* **Required work**:
What is needed is every line of the material that contains "List".

**** Records for this exercise ****

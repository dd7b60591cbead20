-- ===== src/Db.antt =====
-- The rows of backend/app/db/models and the tables that the services read and write.
-- A UUID is a number, a time is a number of microseconds since the epoch, and a float is a
-- value of a type that is never computed with.
pub mod Tables
pub mod Partitions
pub mod Schema
mod Tests
use pid_docs.Prelude.{ℕ, String, Bool, Option, List, ◌==◌}
use Tables.{get, update}

-- db/models/user.py
pub record User : Type 0 where
  pub id : ℕ
  pub email : String
  pub display_name : String
  pub password_hash : Option String
  pub email_verified : Bool
  pub team_id : Option ℕ
  pub role : String
  pub deleted_at : Option ℕ
  pub anonymous_id : Option String
  pub token_invalidated_at : Option ℕ

-- db/models/subscription.py
pub record Subscription : Type 0 where
  pub id : ℕ
  pub user_id : Option ℕ
  pub team_id : Option ℕ
  pub tier_id : String
  pub billing_state : String

-- db/models/audit_log.py
pub record AuditLog : Type 0 where
  pub id : ℕ
  pub user_id : Option ℕ
  pub action_type : String
  pub occurred_at : ℕ

-- db/models/ml_training_consent.py
pub record MlTrainingConsent : Type 0 where
  pub id : ℕ
  pub user_id : Option ℕ
  pub team_id : Option ℕ
  pub opted_in : Bool
  pub updated_at : ℕ

-- The states of db/models/drawing.py
pub data ProcessingState : Type 0 where
  pending queued scanning processing complete under_review failed scan_failed : ProcessingState

pub record Drawing : Type 0 where
  pub id : ℕ
  pub owner_user_id : Option ℕ
  pub owner_team_id : Option ℕ
  pub processing_state : ProcessingState

-- `UPDATE "user" SET f WHERE id = uid`, and `db.get(User, uid)`
abbrev pub get_user : ℕ → List User → Option User
get_user = get (λ (u : User). u.id)

abbrev pub update_user : ℕ → (User → User) → List User → List User
update_user = update (λ (u : User). u.id)

abbrev pub get_drawing : ℕ → List Drawing → Option Drawing
get_drawing = get (λ (d : Drawing). d.id)

abbrev pub update_drawing : ℕ → (Drawing → Drawing) → List Drawing → List Drawing
update_drawing = update (λ (d : Drawing). d.id)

****

* **Your response**:
use pid_docs.Prelude.{ℕ, String, Bool, Option, List, ◌==◌}
abbrev pub get_user : ℕ → List User → Option User
abbrev pub update_user : ℕ → (User → User) → List User → List User
abbrev pub get_drawing : ℕ → List Drawing → Option Drawing
abbrev pub update_drawing : ℕ → (Drawing → Drawing) → List Drawing → List Drawing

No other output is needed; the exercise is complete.